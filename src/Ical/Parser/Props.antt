-- ===== src/Ical/Parser/Props.antt =====
-- crates/mgmt-ical/src/parser.rs: a property line that is written with quoted parameters reads back.
use mgmtui.Base.{
  ap, All-map, map, All, List, ◌∙◌, ℕ, ◌≡◌, refl, arith, Text, Bool, true, false, not, ◌&&◌, [],
  ◌∷◌, ◌++◌, some, eqb,
}
use mathlib.Core.List.{append-nil}
use mgmtui.Base.Chars.{split_once-append, Lacks}
use mgmtui.Ical.Parser.{
  prop_of, trim_quotes_start, ok, trim_quotes_end, parse_prop, trim_quotes, Prop, parse_params,
  quote, toggle, split_colon, split_unquoted,
}

-- No separator stands outside quotes.
abbrev Quiet : ℕ → Bool → Text → Type 0
Quiet sep q [] = Unit
Quiet sep q (c ∷ cs) = ((eqb c sep && not q) ≡ false) × Quiet sep (toggle q c) cs

-- Whether a quotation is open at the end.
abbrev after : Bool → Text → Bool
after q [] = q
after q (c ∷ cs) = after (toggle q c) cs

split_colon-append :
    (q : Bool) (xs v : Text)
    → Quiet b':' q xs
    → after q xs ≡ false
    → split_colon q (xs ++ (b':' ∷ v)) ≡ some (xs, v)
unfolding split_colon
split_colon-append q [] v h e = ground arith
split_colon-append q (c ∷ xs) v h e = rw (h.0, split_colon-append (toggle q c) xs v h.1 e)

split_unquoted-append :
    (q : Bool) (xs ys : Text)
    → Quiet b';' q xs
    → after q xs ≡ false
    → split_unquoted b';' q (xs ++ (b';' ∷ ys)) ≡ xs ∷ split_unquoted b';' false ys
unfolding split_unquoted
split_unquoted-append q [] ys h e = ground arith
split_unquoted-append q (c ∷ xs) ys h e =
    ground (arith, split_unquoted-append (toggle q c) xs ys h.1 e)

split_unquoted-last : (q : Bool) (xs : Text) → Quiet b';' q xs → split_unquoted b';' q xs ≡ xs ∷ []
unfolding split_unquoted
split_unquoted-last q [] h = refl
split_unquoted-last q (c ∷ xs) h = ground (arith, split_unquoted-last (toggle q c) xs h.1)

Quiet-append :
    (sep : ℕ) (q : Bool) (xs ys : Text)
    → Quiet sep q xs
    → Quiet sep (after q xs) ys
    → Quiet sep q (xs ++ ys)
Quiet-append sep q [] ys h k = k
Quiet-append sep q (c ∷ xs) ys h k = (h.0, Quiet-append sep (toggle q c) xs ys h.1 k)

after-append : (q : Bool) (xs ys : Text) → after q (xs ++ ys) ≡ after (after q xs) ys
after-append q [] ys = refl
after-append q (c ∷ xs) ys = after-append (toggle q c) xs ys

-- A text with no quotation mark leaves the quotation as it is.
after-Lacks : (q : Bool) (xs : Text) → Lacks quote xs → after q xs ≡ q
after-Lacks q [] h = refl
after-Lacks q (c ∷ xs) h = ground (arith, after-Lacks q xs h.1)

Quiet-quoted : (sep : ℕ) (xs : Text) → Lacks quote xs → Quiet sep true xs
Quiet-quoted sep [] h = tt
Quiet-quoted sep (c ∷ xs) h = ground (arith, Quiet-quoted sep xs h.1)

Quiet-Lacks : (sep : ℕ) (xs : Text) → Lacks quote xs → Lacks sep xs → Quiet sep false xs
Quiet-Lacks sep [] h k = tt
Quiet-Lacks sep (c ∷ xs) h k = ground (arith, Quiet-Lacks sep xs h.1 k.1)

trim_quotes_end-snoc : (v : Text) → Lacks quote v → trim_quotes_end (v ++ (quote ∷ [])) ≡ v
unfolding trim_quotes_end
trim_quotes_end-snoc [] h = refl
trim_quotes_end-snoc (c ∷ []) h = ground arith
trim_quotes_end-snoc (c ∷ d ∷ v) h = rw (trim_quotes_end-snoc (d ∷ v) h.1, trim_quotes_end)

trim_quotes-quoted : (v : Text) → Lacks quote v → trim_quotes (quote ∷ (v ++ (quote ∷ []))) ≡ v
unfolding trim_quotes trim_quotes_start
trim_quotes-quoted [] h = unfold trim_quotes_end in refl
trim_quotes-quoted (c ∷ v) h = rw h.0 (trim_quotes_end-snoc (c ∷ v) h)

abbrev pub show_param : Text × Text → Text
show_param (k, v) = k ++ (b'=' ∷ quote ∷ (v ++ (quote ∷ [])))

abbrev pub show_params : List (Text × Text) → Text
show_params [] = []
show_params (p ∷ ps) = b';' ∷ (show_param p ++ show_params ps)

-- A property line with every parameter value quoted.
abbrev pub show_prop : Prop → Text
show_prop p = (p.name ++ show_params p.params) ++ (b':' ∷ p.value)

abbrev pub IsName : Text → Type 0
IsName k = Lacks quote k × Lacks b':' k × Lacks b';' k

abbrev pub IsParam : Text × Text → Type 0
IsParam (k, v) = IsName k × Lacks b'=' k × Lacks quote v

-- The names hold no quotation mark, colon or semicolon (nor the parameters' an equals sign), and no
-- parameter value holds a quotation mark. Any other value may hold separators.
abbrev pub IsWritable : Prop → Type 0
IsWritable p = IsName p.name × All IsParam p.params

module _ (sep : ℕ) (other : eqb b'=' sep ≡ false) (unquoted : eqb quote sep ≡ false) where
  Quiet-show_param :
      (k v : Text)
      → Lacks quote k
      → Lacks sep k
      → Lacks quote v
      → Quiet sep false (show_param (k, v))
  Quiet-show_param k v a b h = Quiet-append sep false k _ (Quiet-Lacks sep k a b) (
      rw (after-Lacks false k a) (
        ground arith,
        (
          ground arith,
          Quiet-append sep true v (quote ∷ []) (Quiet-quoted sep v h)
              (rw (after-Lacks true v h) (ground arith, tt)),
        ),
      ))

after-show_param :
    (k v : Text) → Lacks quote k → Lacks quote v → after false (show_param (k, v)) ≡ false
after-show_param k v a h =
    after-append false k _
    ∙ rw (after-Lacks false k a) (after-append true v (quote ∷ []) ∙ rw (after-Lacks true v h))

split_unquoted-show_params :
    (xs : Text) (ps : List (Text × Text))
    → Quiet b';' false xs
    → after false xs ≡ false
    → All IsParam ps
    → split_unquoted b';' false (xs ++ show_params ps) ≡ xs ∷ map show_param ps
split_unquoted-show_params xs [] h e a = rw append-nil (split_unquoted-last false xs h)
split_unquoted-show_params xs ((k, v) ∷ ps) h e a =
    split_unquoted-append false xs (show_param (k, v) ++ show_params ps) h e
    ∙ ap (λ l. xs ∷ l)
        (split_unquoted-show_params (show_param (k, v)) ps
          (Quiet-show_param b';' refl refl k v a.0.0.0 a.0.0.2 a.0.2)
          (after-show_param k v a.0.0.0 a.0.2) a.1)

parse_params-show_param :
    (ps : List (Text × Text)) → All IsParam ps → parse_params (map show_param ps) ≡ ps
unfolding parse_params
parse_params-show_param [] a = refl
parse_params-show_param ((k, v) ∷ ps) a =
    rw (split_once-append b'=' k (quote ∷ (v ++ (quote ∷ []))) a.0.1, parse_params)
      (rw (trim_quotes-quoted v a.0.2, parse_params-show_param ps a.1))

module _ (sep : ℕ) (other : eqb b'=' sep ≡ false) (unquoted : eqb quote sep ≡ false)
    (different : eqb b';' sep ≡ false) where
  Quiet-show_params :
      (ps : List (Text × Text))
      → All (λ (k, v). Lacks quote k × Lacks sep k × Lacks quote v) ps
      → Quiet sep false (show_params ps) × (after false (show_params ps) ≡ false)
  Quiet-show_params [] a = (tt, refl)
  Quiet-show_params ((k, v) ∷ ps) a =
      let (calm, closed) = Quiet-show_params ps a.1 in
      let same = after-show_param k v a.0.0 a.0.2 in
      (
        (
          ground arith,
          Quiet-append sep false (show_param (k, v)) (show_params ps)
              (Quiet-show_param sep other unquoted k v a.0.0 a.0.1 a.0.2) (rw same calm),
        ),
        after-append false (show_param (k, v)) (show_params ps) ∙ rw same closed,
      )

-- A property with its parameter values in quotes reads back, separators in them included, if its names
-- hold no quotation mark or separator and no parameter value holds a quotation mark.
pub parse_prop-show_prop : (p : Prop) → IsWritable p → parse_prop (show_prop p) ≡ ok p
unfolding parse_prop
parse_prop-show_prop p w =
    let calm =
      Quiet-show_params b':' refl refl refl p.params
        (All-map _ _ (λ (k, v) h. (h.0.0, h.0.1, h.2)) p.params w.1) in
    let open_ = after-Lacks false p.name w.0.0 in
    rw
      (
        split_colon-append false (p.name ++ show_params p.params) p.value
            (Quiet-append b':' false p.name (show_params p.params)
              (Quiet-Lacks b':' p.name w.0.0 w.0.1) (rw open_ calm.0))
            (after-append false p.name (show_params p.params) ∙ rw open_ calm.1),
        parse_prop,
      )
      (ap ok (
        ap (λ l. prop_of l p.value)
          (split_unquoted-show_params p.name p.params (Quiet-Lacks b';' p.name w.0.0 w.0.2) open_
            w.1)
        ∙ unfold prop_of in rw (parse_params-show_param p.params w.1)))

WHAT IS REQUIRED ::
Scan the entries above and copy each line where "separators" occurs.

SOLUTION FOR THIS PROBLEM ::
-- parameter value holds a quotation mark. Any other value may hold separators.
-- A property with its parameter values in quotes reads back, separators in them included, if its names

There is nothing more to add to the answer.